** Available data follows **

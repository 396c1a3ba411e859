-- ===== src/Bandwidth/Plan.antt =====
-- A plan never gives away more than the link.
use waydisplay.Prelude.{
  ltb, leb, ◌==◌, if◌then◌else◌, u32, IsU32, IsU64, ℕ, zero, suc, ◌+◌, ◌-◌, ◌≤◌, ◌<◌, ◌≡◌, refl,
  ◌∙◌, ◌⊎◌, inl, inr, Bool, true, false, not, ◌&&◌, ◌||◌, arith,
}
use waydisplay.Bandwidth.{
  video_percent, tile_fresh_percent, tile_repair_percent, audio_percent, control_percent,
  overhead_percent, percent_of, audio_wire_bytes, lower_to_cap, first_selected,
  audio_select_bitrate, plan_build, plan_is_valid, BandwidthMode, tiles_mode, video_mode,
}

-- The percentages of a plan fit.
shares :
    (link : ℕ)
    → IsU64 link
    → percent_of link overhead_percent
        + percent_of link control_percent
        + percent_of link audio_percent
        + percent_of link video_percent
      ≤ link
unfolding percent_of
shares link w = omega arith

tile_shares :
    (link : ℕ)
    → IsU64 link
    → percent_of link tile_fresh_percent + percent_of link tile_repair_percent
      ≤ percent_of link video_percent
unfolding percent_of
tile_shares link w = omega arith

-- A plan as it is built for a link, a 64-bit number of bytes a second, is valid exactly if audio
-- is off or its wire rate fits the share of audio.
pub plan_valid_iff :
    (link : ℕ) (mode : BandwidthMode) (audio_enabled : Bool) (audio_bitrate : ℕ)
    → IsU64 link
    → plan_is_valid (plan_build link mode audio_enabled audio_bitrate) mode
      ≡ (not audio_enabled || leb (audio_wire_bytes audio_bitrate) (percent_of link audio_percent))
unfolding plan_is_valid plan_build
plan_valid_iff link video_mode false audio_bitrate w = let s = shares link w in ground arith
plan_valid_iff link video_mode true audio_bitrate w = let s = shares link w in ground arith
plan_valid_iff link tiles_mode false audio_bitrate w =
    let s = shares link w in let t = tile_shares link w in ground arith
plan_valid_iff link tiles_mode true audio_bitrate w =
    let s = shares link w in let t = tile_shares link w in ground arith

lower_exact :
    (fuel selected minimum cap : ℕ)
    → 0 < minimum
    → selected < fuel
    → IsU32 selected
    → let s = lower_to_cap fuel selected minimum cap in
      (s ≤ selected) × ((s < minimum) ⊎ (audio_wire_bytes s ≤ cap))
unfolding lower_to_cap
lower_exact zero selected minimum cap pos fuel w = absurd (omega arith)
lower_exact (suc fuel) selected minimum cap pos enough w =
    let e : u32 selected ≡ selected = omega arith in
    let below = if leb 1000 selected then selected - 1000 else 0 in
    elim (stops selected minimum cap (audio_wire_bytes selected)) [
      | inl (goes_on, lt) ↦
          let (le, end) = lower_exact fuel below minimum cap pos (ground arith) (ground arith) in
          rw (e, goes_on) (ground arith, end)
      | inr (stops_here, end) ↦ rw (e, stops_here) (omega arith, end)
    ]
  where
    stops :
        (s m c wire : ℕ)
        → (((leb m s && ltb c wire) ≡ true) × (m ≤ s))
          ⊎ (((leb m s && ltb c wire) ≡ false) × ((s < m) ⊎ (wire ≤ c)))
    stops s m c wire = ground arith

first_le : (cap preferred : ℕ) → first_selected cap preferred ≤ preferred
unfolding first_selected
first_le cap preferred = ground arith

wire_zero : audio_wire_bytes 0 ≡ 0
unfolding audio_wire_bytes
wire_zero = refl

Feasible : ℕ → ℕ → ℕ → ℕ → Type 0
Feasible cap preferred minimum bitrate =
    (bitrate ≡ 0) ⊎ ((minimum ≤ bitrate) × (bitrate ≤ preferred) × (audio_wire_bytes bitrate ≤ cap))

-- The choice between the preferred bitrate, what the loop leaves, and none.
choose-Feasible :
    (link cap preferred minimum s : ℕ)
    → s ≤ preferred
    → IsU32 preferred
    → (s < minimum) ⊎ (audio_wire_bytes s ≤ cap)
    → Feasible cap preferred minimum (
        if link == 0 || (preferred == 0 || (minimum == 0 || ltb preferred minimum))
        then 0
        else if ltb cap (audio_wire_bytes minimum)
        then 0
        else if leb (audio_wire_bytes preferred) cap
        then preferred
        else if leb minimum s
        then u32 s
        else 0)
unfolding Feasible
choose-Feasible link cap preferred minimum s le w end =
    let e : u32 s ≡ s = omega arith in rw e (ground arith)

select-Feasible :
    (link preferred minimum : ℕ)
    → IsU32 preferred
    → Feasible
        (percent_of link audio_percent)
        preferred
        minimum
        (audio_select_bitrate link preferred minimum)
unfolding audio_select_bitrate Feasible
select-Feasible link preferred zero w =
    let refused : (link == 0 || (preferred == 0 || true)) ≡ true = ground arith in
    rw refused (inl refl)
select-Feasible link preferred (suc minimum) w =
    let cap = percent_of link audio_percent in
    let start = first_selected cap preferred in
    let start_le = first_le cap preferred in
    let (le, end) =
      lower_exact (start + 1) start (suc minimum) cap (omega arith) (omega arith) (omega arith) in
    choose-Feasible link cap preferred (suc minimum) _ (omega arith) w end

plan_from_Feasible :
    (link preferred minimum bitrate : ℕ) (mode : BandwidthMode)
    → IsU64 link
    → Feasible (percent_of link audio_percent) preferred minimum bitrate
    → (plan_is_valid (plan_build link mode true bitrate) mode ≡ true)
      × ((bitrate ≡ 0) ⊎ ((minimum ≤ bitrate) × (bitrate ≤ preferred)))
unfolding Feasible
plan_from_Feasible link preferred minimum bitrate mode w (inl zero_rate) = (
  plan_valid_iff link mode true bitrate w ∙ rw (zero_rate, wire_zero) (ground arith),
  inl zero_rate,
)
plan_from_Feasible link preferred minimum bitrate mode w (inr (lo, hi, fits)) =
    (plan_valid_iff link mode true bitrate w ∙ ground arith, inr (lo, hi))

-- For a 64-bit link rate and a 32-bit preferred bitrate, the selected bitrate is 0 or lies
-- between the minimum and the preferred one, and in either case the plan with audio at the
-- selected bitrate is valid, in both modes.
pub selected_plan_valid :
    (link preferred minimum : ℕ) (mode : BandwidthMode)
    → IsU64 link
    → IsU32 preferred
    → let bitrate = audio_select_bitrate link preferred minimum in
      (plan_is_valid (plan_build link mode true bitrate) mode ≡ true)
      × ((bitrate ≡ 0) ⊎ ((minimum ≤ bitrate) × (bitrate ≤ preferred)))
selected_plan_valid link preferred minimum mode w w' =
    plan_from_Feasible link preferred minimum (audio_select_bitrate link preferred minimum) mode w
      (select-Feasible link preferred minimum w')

** End of Available data **

Your instructions =>
Each of the records should be written out precisely as given.

Answer area =>
repository 396c1a3ba411e859
-- ===== src/Bandwidth/Plan.antt =====
-- A plan never gives away more than the link.
use waydisplay.Prelude.{
  ltb, leb, ◌==◌, if◌then◌else◌, u32, IsU32, IsU64, ℕ, zero, suc, ◌+◌, ◌-◌, ◌≤◌, ◌<◌, ◌≡◌, refl,
  ◌∙◌, ◌⊎◌, inl, inr, Bool, true, false, not, ◌&&◌, ◌||◌, arith,
}
use waydisplay.Bandwidth.{
  video_percent, tile_fresh_percent, tile_repair_percent, audio_percent, control_percent,
  overhead_percent, percent_of, audio_wire_bytes, lower_to_cap, first_selected,
  audio_select_bitrate, plan_build, plan_is_valid, BandwidthMode, tiles_mode, video_mode,
}

-- The percentages of a plan fit.
shares :
    (link : ℕ)
    → IsU64 link
    → percent_of link overhead_percent
        + percent_of link control_percent
        + percent_of link audio_percent
        + percent_of link video_percent
      ≤ link
unfolding percent_of
shares link w = omega arith

tile_shares :
    (link : ℕ)
    → IsU64 link
    → percent_of link tile_fresh_percent + percent_of link tile_repair_percent
      ≤ percent_of link video_percent
unfolding percent_of
tile_shares link w = omega arith

-- A plan as it is built for a link, a 64-bit number of bytes a second, is valid exactly if audio
-- is off or its wire rate fits the share of audio.
pub plan_valid_iff :
    (link : ℕ) (mode : BandwidthMode) (audio_enabled : Bool) (audio_bitrate : ℕ)
    → IsU64 link
    → plan_is_valid (plan_build link mode audio_enabled audio_bitrate) mode
      ≡ (not audio_enabled || leb (audio_wire_bytes audio_bitrate) (percent_of link audio_percent))
unfolding plan_is_valid plan_build
plan_valid_iff link video_mode false audio_bitrate w = let s = shares link w in ground arith
plan_valid_iff link video_mode true audio_bitrate w = let s = shares link w in ground arith
plan_valid_iff link tiles_mode false audio_bitrate w =
    let s = shares link w in let t = tile_shares link w in ground arith
plan_valid_iff link tiles_mode true audio_bitrate w =
    let s = shares link w in let t = tile_shares link w in ground arith

lower_exact :
    (fuel selected minimum cap : ℕ)
    → 0 < minimum
    → selected < fuel
    → IsU32 selected
    → let s = lower_to_cap fuel selected minimum cap in
      (s ≤ selected) × ((s < minimum) ⊎ (audio_wire_bytes s ≤ cap))
unfolding lower_to_cap
lower_exact zero selected minimum cap pos fuel w = absurd (omega arith)
lower_exact (suc fuel) selected minimum cap pos enough w =
    let e : u32 selected ≡ selected = omega arith in
    let below = if leb 1000 selected then selected - 1000 else 0 in
    elim (stops selected minimum cap (audio_wire_bytes selected)) [
      | inl (goes_on, lt) ↦
          let (le, end) = lower_exact fuel below minimum cap pos (ground arith) (ground arith) in
          rw (e, goes_on) (ground arith, end)
      | inr (stops_here, end) ↦ rw (e, stops_here) (omega arith, end)
    ]
  where
    stops :
        (s m c wire : ℕ)
        → (((leb m s && ltb c wire) ≡ true) × (m ≤ s))
          ⊎ (((leb m s && ltb c wire) ≡ false) × ((s < m) ⊎ (wire ≤ c)))
    stops s m c wire = ground arith

first_le : (cap preferred : ℕ) → first_selected cap preferred ≤ preferred
unfolding first_selected
first_le cap preferred = ground arith

wire_zero : audio_wire_bytes 0 ≡ 0
unfolding audio_wire_bytes
wire_zero = refl

Feasible : ℕ → ℕ → ℕ → ℕ → Type 0
Feasible cap preferred minimum bitrate =
    (bitrate ≡ 0) ⊎ ((minimum ≤ bitrate) × (bitrate ≤ preferred) × (audio_wire_bytes bitrate ≤ cap))

-- The choice between the preferred bitrate, what the loop leaves, and none.
choose-Feasible :
    (link cap preferred minimum s : ℕ)
    → s ≤ preferred
    → IsU32 preferred
    → (s < minimum) ⊎ (audio_wire_bytes s ≤ cap)
    → Feasible cap preferred minimum (
        if link == 0 || (preferred == 0 || (minimum == 0 || ltb preferred minimum))
        then 0
        else if ltb cap (audio_wire_bytes minimum)
        then 0
        else if leb (audio_wire_bytes preferred) cap
        then preferred
        else if leb minimum s
        then u32 s
        else 0)
unfolding Feasible
choose-Feasible link cap preferred minimum s le w end =
    let e : u32 s ≡ s = omega arith in rw e (ground arith)

select-Feasible :
    (link preferred minimum : ℕ)
    → IsU32 preferred
    → Feasible
        (percent_of link audio_percent)
        preferred
        minimum
        (audio_select_bitrate link preferred minimum)
unfolding audio_select_bitrate Feasible
select-Feasible link preferred zero w =
    let refused : (link == 0 || (preferred == 0 || true)) ≡ true = ground arith in
    rw refused (inl refl)
select-Feasible link preferred (suc minimum) w =
    let cap = percent_of link audio_percent in
    let start = first_selected cap preferred in
    let start_le = first_le cap preferred in
    let (le, end) =
      lower_exact (start + 1) start (suc minimum) cap (omega arith) (omega arith) (omega arith) in
    choose-Feasible link cap preferred (suc minimum) _ (omega arith) w end

plan_from_Feasible :
    (link preferred minimum bitrate : ℕ) (mode : BandwidthMode)
    → IsU64 link
    → Feasible (percent_of link audio_percent) preferred minimum bitrate
    → (plan_is_valid (plan_build link mode true bitrate) mode ≡ true)
      × ((bitrate ≡ 0) ⊎ ((minimum ≤ bitrate) × (bitrate ≤ preferred)))
unfolding Feasible
plan_from_Feasible link preferred minimum bitrate mode w (inl zero_rate) = (
  plan_valid_iff link mode true bitrate w ∙ rw (zero_rate, wire_zero) (ground arith),
  inl zero_rate,
)
plan_from_Feasible link preferred minimum bitrate mode w (inr (lo, hi, fits)) =
    (plan_valid_iff link mode true bitrate w ∙ ground arith, inr (lo, hi))

-- For a 64-bit link rate and a 32-bit preferred bitrate, the selected bitrate is 0 or lies
-- between the minimum and the preferred one, and in either case the plan with audio at the
-- selected bitrate is valid, in both modes.
pub selected_plan_valid :
    (link preferred minimum : ℕ) (mode : BandwidthMode)
    → IsU64 link
    → IsU32 preferred
    → let bitrate = audio_select_bitrate link preferred minimum in
      (plan_is_valid (plan_build link mode true bitrate) mode ≡ true)
      × ((bitrate ≡ 0) ⊎ ((minimum ≤ bitrate) × (bitrate ≤ preferred)))
selected_plan_valid link preferred minimum mode w w' =
    plan_from_Feasible link preferred minimum (audio_select_bitrate link preferred minimum) mode w
      (select-Feasible link preferred minimum w')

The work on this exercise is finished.